■ TASK DIRECTIONS ■
What lines below include the string "Result"? Pick them out and copy them.

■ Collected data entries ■
- - - -
-- ===== src/Protocol/Tests/Specs/Pooled.antt =====
-- Pools that `pool_candidates` builds or refuses.
use llm_evaluation_lab.Base.{◌≡◌, refl, List, [], ◌∷◌}
use llm_evaluation_lab.Base.Result.{Result, ok, err}
use llm_evaluation_lab.Json.{Json, str, obj, arr, array, has, get}
use llm_evaluation_lab.Cup.Error.{Error, value_error}
use llm_evaluation_lab.Protocol.Numbers.{number_lt, equal}
use llm_evaluation_lab.Protocol.Schema.{text_length, each_field, each_item, check_kinds}
use llm_evaluation_lab.Protocol.Event.{object_of}
use llm_evaluation_lab.Protocol.Controls.{texts_of}
use llm_evaluation_lab.Protocol.Pool.Candidates.{Pooled, pool_candidates}
use llm_evaluation_lab.Protocol.Tests.{texts}
use llm_evaluation_lab.Protocol.Tests.Specs.{ref, runtime, clock}
use llm_evaluation_lab.Protocol.Tests.Specs.Journals.{policy, unicode}

abbrev found : Json
found = obj (
    object_of (
      ("fields", obj (object_of (("name", str "acme") ∷ [])))
      ∷ ("object_fingerprint", str "f")
      ∷ ("evidence", arr (array (ref ∷ [])))
      ∷ ("frozen_submission", ref)
      ∷ ("source_alias", str "s")
      ∷ []))

abbrev pooled : List Json → Result Error Pooled
pooled items = pool_candidates runtime texts unicode clock.occurs items policy

nothing_supplied : pooled [] ≡ err (value_error "candidate pool requires nonempty supplied items")
unfolding pool_candidates text_length has each_field number_lt check_kinds each_item array equal
    texts_of
nothing_supplied = refl

abbrev identity : Result Error Pooled → Result Error Json
identity (ok p) = ok (get "canonical_fingerprint" p.public)
identity (err e) = err e

found_twice : identity (pooled (found ∷ found ∷ [])) ≡ ok (str "f")
unfolding pool_candidates text_length has each_field number_lt check_kinds each_item array equal
    texts_of
found_twice = refl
- - - -
■ ANSWER TO THIS EXERCISE ■
use llm_evaluation_lab.Base.Result.{Result, ok, err}
abbrev pooled : List Json → Result Error Pooled
abbrev identity : Result Error Pooled → Result Error Json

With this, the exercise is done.